Champs lexical religieux, textes prosélytes, ambiance sectaire, pour cet opus dei tout bleu, Tellier ressemble à Raël. À chaque fois dans son thème à l’excès, le chanteur n’en démord pas. Si avant la musique était un acte politique, puis une pute, maintenant : « La musique est un dieu ». Durant la composition, il est devenu son prophète. Ce rêve bleu, il y croit à fond, c’est merveilleux.
« Je veux créer un domaine, un mouvement, une poche de liberté qui s’appelle L’Alliance Bleue. Pour l’instant on a pas de territoire. Si j’ai un fidèle qui me dit « j’ai un terrain près d’Aix en Provence », bah ce sera là-bas ». Le titre Cochon ville ? « Une ville où tout est autorisé ». Fais ce que voudras, disait Rabelais, L’Alliance Bleue c’est son Abbaye de Thélème.
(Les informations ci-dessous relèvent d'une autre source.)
module _ (g : Globals) (user : User) (s : Chats) (c : ℕ)
    (plain : ltb (user.level) level_moderator ≡ true)
    (no_op : is_chanop (s.channel c) user ≡ false) where
  abbrev Same : Told → Type 0
  Same t = t.chats.channel c ≡ s.channel c

  abbrev SameResult : Option Told → Type 0
  SameResult none = Unit
  SameResult (some t) = Same t

  Same-if :
      (b : Bool) (x y : Told)
      → (b ≡ true → Same x)
      → (b ≡ false → Same y)
      → Same (if b then x else y)
  Same-if true x y h k = h refl
  Same-if false x y h k = k refl

  lacks : lacks_rights (s.channel c) (some user) ≡ true
  unfolding lacks_rights
  lacks = rw (plain, no_op) refl

  -- A handler that tests the rights on its channel.
  guarded :
      (d : ℕ) (x y : Told)
      → Same x
      → ((c == d) ≡ false → Same y)
      → Same (if lacks_rights (s.channel d) (some user) then x else y)
  guarded d x y h k =
      Same-if (lacks_rights (s.channel d) (some user)) x y (λ e. h)
        (λ e. elim (Bool-cases (c == d)) [
          | inr ne ↦ k ne
          | inl eq ↦
              let q =
                sym lacks
                ∙ ap (λ x. lacks_rights (s.channel x) (some user)) ((==_iff c d).0 eq)
                ∙ e in
              cc
        ])

  other : (d : ℕ) (chan : Channel) → (c == d) ≡ false → (put s d chan).channel c ≡ s.channel c
  other d chan ne = rw ne

  on_channel-Same :
      (con : Connection) (k : ℕ → Told) (o : Option ℕ)
      → ((d : ℕ) → Same (k d))
      → Same (on_channel con s k o)
  on_channel-Same con k none h = refl
  on_channel-Same con k (some d) h = h d

  abbrev con : Connection
  con = user_con user

  ban_on-Same :
      (tag : ℕ) (alloc_ok : Bool) (nick mask : Bytes) (why : Option Bytes) (d : ℕ)
      → Same (ban_on g con tag s alloc_ok nick (some user) mask why d)
  unfolding ban_on add_ban
  ban_on-Same tag alloc_ok nick mask why d = guarded d _ _ refl (λ ne.
      Same-if (is_banned (normalize_ban g mask 256) ((s.channel d).bans)) _ _ (λ f. refl)
        (λ f. Same-if alloc_ok _ _ (λ a. other d _ ne) (λ a. refl)))

  unban_on-Same :
      (tag : ℕ) (nick mask : Bytes) (why : Option Bytes) (d : ℕ)
      → Same (unban_on g con tag s nick (some user) mask why d)
  unfolding unban_on
  unban_on-Same tag nick mask why d =
      guarded d _ _ refl
        (λ ne. found ne (unlink_ban (normalize_ban g mask 256) ((s.channel d).bans)))
    where
      found :
          (c == d) ≡ false
          → (o : Option (Ban × List Ban)) → Same (unban_found con tag s nick why d o)
      found ne none = refl
      found ne (some (b, rest)) = other d _ ne

  mask_fields-Same :
      (k : Bytes → Option Bytes → ℕ → Told) (l : Option (List Bytes))
      → ((mask : Bytes) (why : Option Bytes) (d : ℕ) → Same (k mask why d))
      → Same (mask_fields con s k l)
  mask_fields-Same k none h = refl
  mask_fields-Same k (some []) h = refl
  mask_fields-Same k (some (name ∷ [])) h = refl
  mask_fields-Same k (some (name ∷ mask ∷ l)) h =
      on_channel-Same con _ (find s name) (λ d. h mask (given l) d)

  nick_fields-Same :
      (k : Bytes → Option Bytes → ℕ → Told) (l : Option (List Bytes))
      → ((nick : Bytes) (why : Option Bytes) (d : ℕ) → Same (k nick why d))
      → Same (nick_fields con s k l)
  nick_fields-Same k none h = refl
  nick_fields-Same k (some []) h = refl
  nick_fields-Same k (some (name ∷ [])) h = refl
  nick_fields-Same k (some (name ∷ nick ∷ l)) h =
      on_channel-Same con _ (find s name) (λ d. h nick (given l) d)

  clear_bans_on-Same : (tag d : ℕ) → Same (clear_bans_on con tag s user d)
  unfolding clear_bans_on
  clear_bans_on-Same tag d =
      Same-if (not (has (s.joined (user.address)) d)) _ _ (λ a. refl)
        (λ a.
          guarded d _ _ refl
            (λ ne. Same-if (null_list ((s.channel d).bans)) _ _ (λ b. refl) (λ b. other d _ ne)))

  mode_on-SameResult :
      (tag : ℕ) (nick : Bytes) (rest : Option Bytes) (o : Option ℕ)
      → SameResult (mode_on g con tag s nick (some user) rest o)
  unfolding mode_on mode_refused mode_changed
  mode_on-SameResult tag nick rest none = refl
  mode_on-SameResult tag nick rest (some d) =
      by_refusal (mode_refused (s.channel d) (some user)) refl
    where
      by_changes :
          (c == d) ≡ false → (ch : Option Changes) → SameResult (changed_to g con tag s nick d ch)
      by_changes ne none = tt
      by_changes ne (some ch) =
          Same-if (any_bit (ch.on) || any_bit (ch.off)) _ _ (λ e. other d _ ne) (λ e. other d _ ne)

      by_args : (c == d) ≡ false → (r : Option Bytes) → SameResult (mode_args g con tag s nick r d)
      by_args ne none = refl
      by_args ne (some r) =
          by_changes ne (mode_loop (suc (length r)) con (some r) (start (s.channel d)))

      apart : mode_refused (s.channel d) (some user) ≡ false → (c == d) ≡ false
      apart e = elim (Bool-cases (c == d)) [
        | inr ne ↦ ne
        | inl eq ↦
            let q =
              sym (ap (λ x. lacks_rights (s.channel x) (some user)) ((==_iff c d).0 eq)) ∙ lacks in
            ground arith
      ]

      by_refusal :
          (b : Bool)
          → mode_refused (s.channel d) (some user) ≡ b
          → SameResult (
              if b
              then some (tell s (permission_denied con))
              else mode_args g con tag s nick rest d)
      by_refusal true e = refl
      by_refusal false e = by_args (apart e) rest

  -- A test that a sender without rights on the channel does not pass.
  apart_by :
      (d : ℕ) (b : Bool)
      → (lacks_rights (s.channel d) (some user) ≡ true → b ≡ true)
      → b ≡ false
      → (c == d) ≡ false
  apart_by d b stops e = elim (Bool-cases (c == d)) [
    | inr ne ↦ ne
    | inl eq ↦
        let q =
          stops
            (sym (ap (λ x. lacks_rights (s.channel x) (some user)) ((==_iff c d).0 eq)) ∙ lacks) in
        cc
  ]

  set_level-Same :
      (d : ℕ) (sender : Bytes) (level' : ℕ) (stamp : List Bytes)
      → Same (set_level con s d sender level' stamp)
  unfolding set_level may_not_set lacks_rights
  set_level-Same d sender level' stamp =
      Same-if ((s.channel d).level == level') _ _ (λ e. refl)
        (λ e.
          Same-if (may_not_set con (s.channel d) level') _ _ (λ f. refl)
            (λ f.
              Same-if (is_newer con (s.channel d) stamp) _ _ (λ h. refl)
                (λ h. other d _ (apart_by d _ (λ l. ground arith) f))))

  level_arg-Same :
      (d : ℕ) (sender : Bytes) (level' : ℤ) (stamp : List Bytes)
      → Same (level_arg con s d sender level' stamp)
  level_arg-Same d sender (negsuc n) stamp = refl
  level_arg-Same d sender (pos level') stamp = set_level-Same d sender level' stamp

  level_on-Same : (sender : Bytes) (rest : List Bytes) (d : ℕ) → Same (level_on con s sender rest d)
  level_on-Same sender [] d = refl
  level_on-Same sender (level' ∷ stamp) d = level_arg-Same d sender (get_level level') stamp

  level_fields-SameResult :
      (sender : Bytes) (l : Split) → SameResult (set_level_fields con s sender l)
  level_fields-SameResult sender (true, []) = tt
  level_fields-SameResult sender (false, []) = refl
  level_fields-SameResult sender (bogus, name ∷ rest) = elim (Bool-cases (ltb 2 (length rest))) [
    | inl e ↦ rw e tt
    | inr e ↦
        rw e (
          on_channel-Same con _ (find s name)
            (λ d. level_on-Same sender (read_fields bogus rest) d))
  ]

  set_limit-Same :
      (tag : ℕ) (sender : Bytes) (limit' : ℕ) (stamp : Option Bytes) (d : ℕ)
      → Same (set_limit g con tag s sender limit' stamp d)
  unfolding set_limit lacks_rights
  set_limit-Same tag sender limit' stamp d =
      Same-if ((s.channel d).limit == limit') _ _ (λ e. refl)
        (λ e.
          Same-if (limit_denied con (s.channel d)) _ _ (λ f. refl)
            (λ f.
              Same-if (is_newer con (s.channel d) (stamp_of stamp)) _ _ (λ h. refl)
                (λ h. other d _ (apart_by d _ (λ l. l) f))))

  limit_args-Same :
      (tag : ℕ) (sender : Bytes) (name : Option Bytes) (a : Option Bytes × Option Bytes)
      → Same (limit_args g con tag s sender name a)
  limit_args-Same tag sender none a = refl
  limit_args-Same tag sender (some name) (none, stamp) = refl
  limit_args-Same tag sender (some name) (some limit', stamp) = by_value (atoi limit')
    where
      by_value : (l : ℤ) → Same (limit_value g con tag s sender name stamp l)
      by_value (negsuc n) = refl
      by_value (pos l) =
          Same-if (ltb 65535 l) _ _ (λ e. refl)
            (λ e. on_channel-Same con _ (find s name) (λ d. set_limit-Same tag sender l stamp d))

  op_sent-Same :
      (tag : ℕ) (nick : Bytes) (rest : Option Bytes)
      → Same (op_sent g con tag s nick (some user) rest)
  unfolding op_sent
  op_sent-Same tag nick rest = rw plain refl

  drop_on-Same : (tag : ℕ) (why : Bytes) (d : ℕ) → Same (drop_on con tag s user why d)
  unfolding drop_on
  drop_on-Same tag why d =
      Same-if ((s.channel d).user_made) _ _ (λ e. refl)
        (λ e.
          Same-if (ltb (user.level) level_moderator || ltb (user.level) ((s.channel d).level)) _ _
            (λ f. refl)
            (λ f. let p = plain in absurd (never (ltb (user.level) ((s.channel d).level)) f)))
    where
      never : (b : Bool) → (ltb (user.level) level_moderator || b) ≡ false → ⊥
      never b f = let p = plain in ground arith

  drop_fields-Same : (tag : ℕ) (l : Option (List Bytes)) → Same (drop_fields con tag s user l)
  drop_fields-Same tag none = refl
  drop_fields-Same tag (some []) = refl
  drop_fields-Same tag (some (name ∷ l)) =
      on_channel-Same con _ (find s name) (λ d. drop_on-Same tag (second l) d)

  voice_on-Same :
      (tag : ℕ) (nick : Bytes) (rest : Option Bytes) (d : ℕ)
      → Same (voice_on g con tag s nick (some user) rest d)
  unfolding voice_on
  voice_on-Same tag nick none d = refl
  voice_on-Same tag nick (some rest) d = guarded d _ _ refl (λ ne. other d _ ne)

  voice_args-Same :
      (tag : ℕ) (nick : Bytes) (a : Option Bytes × Option Bytes)
      → Same (voice_args g con tag s nick (some user) a)
  voice_args-Same tag nick (none, rest) = refl
  voice_args-Same tag nick (some name, rest) =
      on_channel-Same con _ (find s name) (λ d. voice_on-Same tag nick rest d)

  muzzle_on-Same :
      (tag : ℕ) (name nick : Bytes) (more : Option Bytes) (d : ℕ)
      → Same (muzzle_on g con tag s name (some user) nick more d)
  unfolding muzzle_on muzzle_user
  muzzle_on-Same tag name nick more d =
      guarded d _ _ refl (λ ne. by_user ne (hash_lookup (g.users) nick))
    where
      by_user :
          (c == d) ≡ false
          → (o : Option User) → Same (muzzle_user con tag s name (some user) (nonull more) d o)
      by_user ne none = refl
      by_user ne (some target) =
          Same-if (is_under (some user) target) _ _ (λ e. refl) (λ e. other d _ ne)

  mode_channel-SameResult :
      (tag : ℕ) (nick : Bytes) (a : Option Bytes × Option Bytes)
      → SameResult (mode_channel g con tag s nick (some user) a)
  mode_channel-SameResult tag nick (none, rest) = refl
  mode_channel-SameResult tag nick (some name, rest) =
      mode_on-SameResult tag nick rest (find s name)

  -- A user below moderator who is not an operator of a channel changes nothing of it by a message
  -- that sets a ban, takes one away, clears the bans, sets modes, the level or the limit, makes or
  -- unmakes operators, drops a channel, gives or takes voices, or muzzles: where the handler
  -- returns, the record of the channel is as it was.
  pub handle-NeedsRights :
      (h : Handler) (cfg : Settings) (r : Received)
      → NeedsRights h
      → SameResult (handle h g cfg (record r { con = user_con user }) s)
  unfolding handle channel_ban channel_unban channel_clear_bans channel_mode channel_level
      channel_limit channel_op channel_drop channel_voice channel_muzzle pop_user pop_user_server
      source_of
  handle-NeedsRights banning cfg r needs =
      mask_fields-Same (ban_on g con r.tag s r.ban_memory (user.nick) (some user))
        (fields 3 (some r.pkt)) (ban_on-Same r.tag r.ban_memory (user.nick))
  handle-NeedsRights unbanning cfg r needs =
      mask_fields-Same (unban_on g con r.tag s (user.nick) (some user)) (fields 3 (some r.pkt))
        (unban_on-Same r.tag (user.nick))
  handle-NeedsRights clearing_bans cfg r needs =
      on_channel-Same con _ (find s r.pkt) (λ d. clear_bans_on-Same r.tag d)
  handle-NeedsRights setting_mode cfg r needs =
      mode_channel-SameResult r.tag (user.nick) (next_arg (some r.pkt))
  handle-NeedsRights setting_level cfg r needs =
      level_fields-SameResult (user.nick) (split_template 24 r.pkt)
  handle-NeedsRights setting_limit cfg r needs =
      let (name, rest) = next_arg (some r.pkt) in
      limit_args-Same r.tag (user.nick) name (next_arg rest)
  handle-NeedsRights opping cfg r needs = op_sent-Same r.tag (user.nick) (some r.pkt)
  handle-NeedsRights dropping cfg r needs = drop_fields-Same r.tag (fields 2 (some r.pkt))
  handle-NeedsRights voicing cfg r needs = voice_args-Same r.tag (user.nick) (next_arg (some r.pkt))
  handle-NeedsRights muzzling cfg r needs =
      nick_fields-Same (muzzle_on g con r.tag s (user.nick) (some user)) (fields 3 (some r.pkt))
        (muzzle_on-Same r.tag (user.nick))
  handle-NeedsRights joining cfg r needs = absurd needs
  handle-NeedsRights parting cfg r needs = absurd needs
  handle-NeedsRights kicking cfg r needs = absurd needs
  handle-NeedsRights clearing cfg r needs = absurd needs
  handle-NeedsRights setting_topic cfg r needs = absurd needs
  handle-NeedsRights walloping cfg r needs = absurd needs
  handle-NeedsRights inviting cfg r needs = absurd needs
  handle-NeedsRights speaking cfg r needs = absurd needs
  handle-NeedsRights emoting cfg r needs = absurd needs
Avec le recul, sa carrière ressemble à celle de l’acteur Sacha Baron Cohen. Pour chaque film, ici album, pendant des mois le comédien rentre dans son nouveau rôle, le conserve en interview. Ali G., Borat, jusqu’au-boutiste Sacha Baron-Choen sème le doute. Pareil pour Tellier, sauf que Tellier devient réellement chacun de ses thèmes, en prend toute la couleur, toute la folie.
Alors qui sera-t-il dans son prochain vaisseau tubesque ? Dans la matinale, Sébastien a dit qu’il se forçait en ce moment à s’intéresser au foot. Miam. Après s’être marié au Bénin « en transe sous le signe du vaudou », il est aussi dans une « période africaine transcendantale ». Voilà voilà pour la suite.
Pendant son interview, il a aussi dit « il faut qu’on se libère de notre prison génétique » mais c’était trop difficile à placer.